She died a famous woman denying
her wounds
denying
her wounds came from the same source as her power

I’ve always loved these lines, and often think about them.  Leonard Cohen rose to my mind, then, singing about how “there’s a crack in everything, that’s how the light gets in.”

For a long time I’ve wanted to believe this.  I’m often told it’s true.  I think it is.  I want it to be.  I know what my personal wound is.  It is my sensitivity, my awareness of time’s swift passage.  I wrote the paragraph below in 2010 (when I was 36):

It’s all connected, the way I observe the world in sometimes-excruciating detail, the untrammeled rushes of joy I can feel at the most unexpected times, the heart-wrenching pain my life delivers at others.  This is all a part of being an exceptionally porous person.  Is it any wonder that I’ve had to develop coping mechanisms, be they an aversion to true vulnerability or a tendency towards distraction, in order to mitigate the power of constantly living in such an exposed way?  I’m easily overwhelmed by the grandeur and terror of this life, and I have over 36 years built up a variety of ways of managing the pain that that inundation can bring with it.  It’s a package deal, the wound and the wonder.  I don’t know how to have one without the other.  Even the most swollen, shiny rapture is striated with sadness.

Four years later I read this and my first reaction is: I don’t instinctively think about my coping mechanisms anymore.  I wonder what that means.  Have I come to terms with the painful ramifications of my own wound?  I’m still easily overwhelmed by this life, there’s no question about that.  These days that overwhelm, and the observations that flood in its wake, form the bulk of what I write about.  Does that mean I am learning to access the power that comes from the same source as the wound?

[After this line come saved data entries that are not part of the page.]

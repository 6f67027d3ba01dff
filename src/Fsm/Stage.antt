-- ===== src/Fsm/Stage.antt =====
-- The stage machine of stage_fsm.go: its table against the diagram in its comment.
use shipinator.Common.{
  ◌≡◌, refl, ◌⊎◌, ◌↔◌, ◌≢◌, inl, inr, true, none, some, arith, string_eq, ◌∙◌, sym, ne_of_test,
}
use shipinator.Errors.{Error, is_sentinel}
use shipinator.Fsm.{
  StageState, state_pending, state_running, state_succeeded, state_failed,
  stage_validate_transition, stage_is_terminal,
}

-- The arrows of the diagram.
pub data StageEdge (s t : StageState) : Type 0 where
  start : s ≡ state_pending → t ≡ state_running → StageEdge s t
  succeed : s ≡ state_running → t ≡ state_succeeded → StageEdge s t
  fail : s ≡ state_running → t ≡ state_failed → StageEdge s t

stage_sound :
    (s t : StageState)
    → stage_validate_transition s t ≡ none
    → (s ≡ t)
      ⊎ ((s ≡ state_pending) × (t ≡ state_running)
          ⊎ ((s ≡ state_running) × (t ≡ state_succeeded)
              ⊎ (s ≡ state_running) × (t ≡ state_failed)))
unfolding stage_validate_transition
stage_sound s t h = ground arith

stage_refl : (s : StageState) → stage_validate_transition s s ≡ none
unfolding stage_validate_transition
stage_refl s = ground arith

stage_edges :
    (stage_validate_transition state_pending state_running ≡ none)
    × (stage_validate_transition state_running state_succeeded ≡ none)
    × (stage_validate_transition state_running state_failed ≡ none)
unfolding stage_validate_transition string_eq
stage_edges = (refl, refl, refl)

stage_complete : (s t : StageState) → StageEdge s t → stage_validate_transition s t ≡ none
stage_complete s t (StageEdge.start p q) = rw (p, q) stage_edges.0
stage_complete s t (StageEdge.succeed p q) = rw (p, q) stage_edges.1
stage_complete s t (StageEdge.fail p q) = rw (p, q) stage_edges.2

-- For all strings `s` and `t`: `ValidateTransition` returns nil exactly when `s` and `t` are the
-- same or the diagram has an arrow from `s` to `t`.
pub stage_validate_transition_iff :
    (s t : StageState) → (stage_validate_transition s t ≡ none) ↔ ((s ≡ t) ⊎ StageEdge s t)
stage_validate_transition_iff s t = (
  λ h. elim (stage_sound s t h) [
    | inl e ↦ inl e
    | inr (inl (p, q)) ↦ inr (StageEdge.start p q)
    | inr (inr (inl (p, q))) ↦ inr (StageEdge.succeed p q)
    | inr (inr (inr (p, q))) ↦ inr (StageEdge.fail p q)
  ],
  elim [ inl e ↦ rw e (stage_refl t) | inr e ↦ stage_complete s t e ],
)

-- Every refusal of `ValidateTransition` is an `ErrInvalidTransition` in the sense of `errors.Is`.
stage_refusal-IsInvalidTransition :
    (s t : StageState) {e : Error}
    → stage_validate_transition s t ≡ some e
    → is_sentinel "invalid state transition" e ≡ true
unfolding stage_validate_transition is_sentinel
stage_refusal-IsInvalidTransition s t h = ground arith

stage_terminal_cases :
    (s : StageState) → stage_is_terminal s ≡ true → (s ≡ state_succeeded) ⊎ (s ≡ state_failed)
unfolding stage_is_terminal
stage_terminal_cases s h = ground arith

stage_dead_ends :
    (t : StageState)
    → ((stage_validate_transition state_succeeded t ≡ none) → t ≡ state_succeeded)
      × ((stage_validate_transition state_failed t ≡ none) → t ≡ state_failed)
unfolding stage_validate_transition string_eq
stage_dead_ends t = (λ h. ground arith, λ h. ground arith)

-- The four constants of the type.
pub data IsStageState (s : StageState) : Type 0 where
  pending : s ≡ state_pending → IsStageState s
  running : s ≡ state_running → IsStageState s
  succeeded : s ≡ state_succeeded → IsStageState s
  failed : s ≡ state_failed → IsStageState s

pub running≢pending : state_running ≢ state_pending
unfolding string_eq
running≢pending = ne_of_test state_running state_pending refl

pub failed≢running : state_failed ≢ state_running
unfolding string_eq
failed≢running = ne_of_test state_failed state_running refl

stage_terminal_absorbs :
    (s t : StageState) → stage_is_terminal s ≡ true → stage_validate_transition s t ≡ none → t ≡ s
stage_terminal_absorbs s t h v = elim (stage_terminal_cases s h) [
  | inl e ↦ (stage_dead_ends t).0 (rw e at v) ∙ sym e
  | inr e ↦ (stage_dead_ends t).1 (rw e at v) ∙ sym e
]

stage_terminals :
    (stage_is_terminal state_succeeded ≡ true) × (stage_is_terminal state_failed ≡ true)
unfolding stage_is_terminal string_eq
stage_terminals = (refl, refl)

stage_stuck-is_terminal :
    (s : StageState)
    → IsStageState s
    → ((t : StageState) → stage_validate_transition s t ≡ none → t ≡ s)
    → stage_is_terminal s ≡ true
stage_stuck-is_terminal s (IsStageState.pending e) h =
    absurd (running≢pending (h state_running (rw e stage_edges.0) ∙ e))
stage_stuck-is_terminal s (IsStageState.running e) h =
    absurd (failed≢running (h state_failed (rw e stage_edges.2) ∙ e))
stage_stuck-is_terminal s (IsStageState.succeeded e) h = rw e stage_terminals.0
stage_stuck-is_terminal s (IsStageState.failed e) h = rw e stage_terminals.1

-- One of the four stage states is reported terminal exactly when `ValidateTransition` permits no
-- transition from it to any other string.
stage_is_terminal_iff :
    (s : StageState)
    → IsStageState s
    → (stage_is_terminal s ≡ true)
      ↔ ((t : StageState) → stage_validate_transition s t ≡ none → t ≡ s)
stage_is_terminal_iff s d = (λ h t v. stage_terminal_absorbs s t h v, stage_stuck-is_terminal s d)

I don’t think of myself as a powerful person.  At all.  So maybe that’s not the right word.  Perhaps inspiration works better.  My wounds and my inspiration have the same source.  That makes a lot of sense to me.  It’s also clear to me that the crack in me – the porousness, the sensitivity, the awareness – is absolutely where the light gets in.  It’s also where the shadow lives

And if there’s one thing I know, it’s that I can’t see the light without the shadow.  That much is abundantly clear to me now.  I take pictures of shadows – like the one above – all the time, and am drawn to the intersection of light and dark.  I guess that – the interplay of light and shadow – is one way of describing my wound, and also, I understand at last, my inspiration.

What do you think about Adrienne Rich’s assertion that our wounds come from the same source as our power?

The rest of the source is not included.